I couldn't keep up with his voice. Between some band geek from school that I recognised by face only, rubbing my back and kept asking if I was going to hurl, Lucas Sinclair's kid sister humorous running commentary interrupting Dustin's story at points and Steve the freaking hair Harrington pacing with his hands on his hips, inspecting the roof and telling Dustin to hurry up. I cut him off halfway through telling a story of something called a Dart. His goofy grin faded from his face as I stood up quickly, rubbing my hand roughly against my eyes to push away the images his irrational words had painted.

"Let me see if I've got this." I had started ticking off my fingers.

"Byers wasn't lost in the woods but was in fact in some other underground dimension of Hawkins."

"The upside down." Dustin interrupted me.

I continued like I hadn't heard him "There's some girl with superpowers who always saves you guys, and there's something called a demodorgan that eats people?" Dustin opened his mouth to correct me, but Steve beat him to it.

"We don't have time for this dingus, in case you haven't noticed we are stuck in a literal Russian based filled with soldiers that are probably going to shoot us the moment they find us." His voice raised to an unattractive shrill at the end, I examined him closer, dressed in that dorky ice-cream uniform with panic plastered across his face it was hard to imagine that he had once been my biggest crush in middle school.

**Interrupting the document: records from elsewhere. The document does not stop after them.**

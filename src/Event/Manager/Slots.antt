-- ===== src/Event/Manager/Slots.antt =====
-- The slots of listeners: their ids, and their number.
use qaiosplus.Base.{
  ℕ, zero, suc, ◌+◌, ◌-◌, ◌≤◌, ◌<◌, ◌^◌, ◌≡◌, ◌≢◌, refl, Bool, not, ◌||◌, some, arith, leb, ◌==◌,
  if◌then◌else◌, update, u64, u32, sub64, first_from, First, first_from-zero, Bool-cases,
  Option-cases, inl, inr, ◌⊎◌, ==→eq,
}
use qaiosplus.Event.Manager.{Manager, Listener, default_listener, max_listeners, add_listener}

-- The slots below `n` whose id is not 0.
unfoldable pub count_used : ℕ → (ℕ → Listener) → ℕ
count_used zero ls = 0
count_used (suc n) ls = count_used n ls + (if (ls n).id == 0 then 0 else 1)

pub count_used-le : (n : ℕ) (ls : ℕ → Listener) → count_used n ls ≤ n
unfolding count_used
count_used-le zero ls = omega arith
count_used-le (suc n) ls = ground (arith, count_used-le n ls)

count_used_outside :
    (n k : ℕ) (ls : ℕ → Listener) (l : Listener)
    → n ≤ k
    → count_used n (update ls k l) ≡ count_used n ls
unfolding count_used
count_used_outside zero k ls l h = refl
count_used_outside (suc n) k ls l h = ground (arith, count_used_outside n k ls l)

-- A slot that is not used counts one more when it is taken.
pub count_used-take :
    (n k : ℕ) (ls : ℕ → Listener) (l : Listener)
    → k < n
    → (ls k).id ≡ 0
    → l.id ≢ 0
    → count_used n (update ls k l) ≡ count_used n ls + 1
unfolding count_used
count_used-take zero k ls l h e x = absurd (omega arith)
count_used-take (suc n) k ls l h e x = elim (Bool-cases (k == n)) [
  | inl t ↦ ground (arith, count_used_outside n k ls l)
  | inr t ↦ ground (arith, count_used-take n k ls l)
]

pub count_used-drop :
    (n k : ℕ) (ls : ℕ → Listener) (l : Listener)
    → k < n
    → (ls k).id ≢ 0
    → l.id ≡ 0
    → count_used n ls ≡ count_used n (update ls k l) + 1
unfolding count_used
count_used-drop zero k ls l h e x = absurd (omega arith)
count_used-drop (suc n) k ls l h e x = elim (Bool-cases (k == n)) [
  | inl t ↦ ground (arith, count_used_outside n k ls l)
  | inr t ↦ ground (arith, count_used-drop n k ls l)
]

-- The ids in use are distinct and below the next one, which has no high bit, and the counter is the
-- number of slots in use.
pub record IsTable (m : Manager) : Type 0 where
  pub small : m.next_listener_id < 2 ^ 31
  pub positive : 0 < m.next_listener_id
  pub fresh : (i : ℕ) → i < max_listeners → (m.listeners i).id < m.next_listener_id
  pub distinct :
      (i j : ℕ)
      → i < max_listeners
      → j < max_listeners
      → (m.listeners i).id ≢ 0
      → (m.listeners i).id ≡ (m.listeners j).id
      → i ≡ j
  pub count : m.listener_count ≡ count_used max_listeners m.listeners

abbrev pub with_listener : Manager → Listener → ℕ → Manager
with_listener m l k = record m {
  listeners = update m.listeners k (record l { id = m.next_listener_id });
  next_listener_id = u32 (m.next_listener_id + 1);
  listener_count = u64 (m.listener_count + 1);
}

abbrev pub without_listener : Manager → ℕ → Manager
without_listener m k = record m {
  listeners = update m.listeners k default_listener;
  listener_count = sub64 m.listener_count 1;
}

abbrev pub is_vacant : Manager → ℕ → Bool
is_vacant m i = (m.listeners i).id == 0

abbrev pub bears : Manager → ℕ → ℕ → Bool
bears m id i = (m.listeners i).id == id

pub add_listener_cases :
    (m : Manager) (l : Listener)
    → (add_listener m l ≡ (m, 0))
      ⊎ ((k : ℕ) × First (is_vacant m) 0 max_listeners (some k)
          × (add_listener m l ≡ (with_listener m l k, m.next_listener_id)))
unfolding add_listener
add_listener_cases m l =
    elim (Bool-cases (not m.initialized || leb max_listeners m.listener_count)) [
      | inl t ↦ inl (rw (add_listener, t) refl)
      | inr t ↦ elim (Option-cases (first_from max_listeners 0 (is_vacant m))) [
        | inl e ↦ inl (rw (add_listener, t, e) refl)
        | inr (k, e) ↦ inr (
          k,
          first_from-zero max_listeners (is_vacant m) (some k) e,
          rw (add_listener, t, e) refl,
        )
      ]
    ]

with_listener-IsTable :
    (m : Manager) (l : Listener) (k : ℕ)
    → IsTable m
    → k < max_listeners
    → (m.listeners k).id ≡ 0
    → m.next_listener_id < 2 ^ 31 - 1
    → IsTable (with_listener m l k)
with_listener-IsTable m l k v h e room = record {
  small = omega arith;
  positive = omega (arith, v.positive);
  fresh = λ i b. ground (arith, v.fresh i);
  distinct = λ i j b c u same. ground (arith, v.fresh i b, v.fresh j c, v.distinct i j b c);
  count = ground (
    arith,
    v.count,
    count_used-le max_listeners m.listeners,
    count_used-take max_listeners k m.listeners (record l { id = m.next_listener_id }) h e
        (omega (arith, v.positive)),
  );
}

-- `addListener` keeps the ids distinct and below the next one, and the counter equal to the number of
-- slots in use, until the ids reach the bit that marks receivers.
pub add_listener-IsTable :
    (m : Manager) (l : Listener)
    → IsTable m
    → m.next_listener_id < 2 ^ 31 - 1
    → IsTable (add_listener m l).0
add_listener-IsTable m l v room = elim (add_listener_cases m l) [
  | inl e ↦ rw e v
  | inr (k, f, e) ↦ rw e (with_listener-IsTable m l k v f.1 (==→eq _ 0 f.2) room)
]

Although I doubted I looked much better.

"One last thing." I grumbled as my hands flailed at my sides "Everyone else, literally everyone else knew about this except for me?" I questioned the room, but my eyes were on my baby brother. Anger was coursing through me, but also shame, it was hard to not believe that what he was saying was true given where I was standing at that very moment, no matter how preposterous all of it sounded, but shame at the fact that he hadn't included me in this earlier. That Steve the hair Harrington had been a better older sibling than I had, I had been too focused on getting the best grades in school and over analysing every interaction I had with Billy while giggling with my friends, to see what clearly had to be happening in front of my eyes.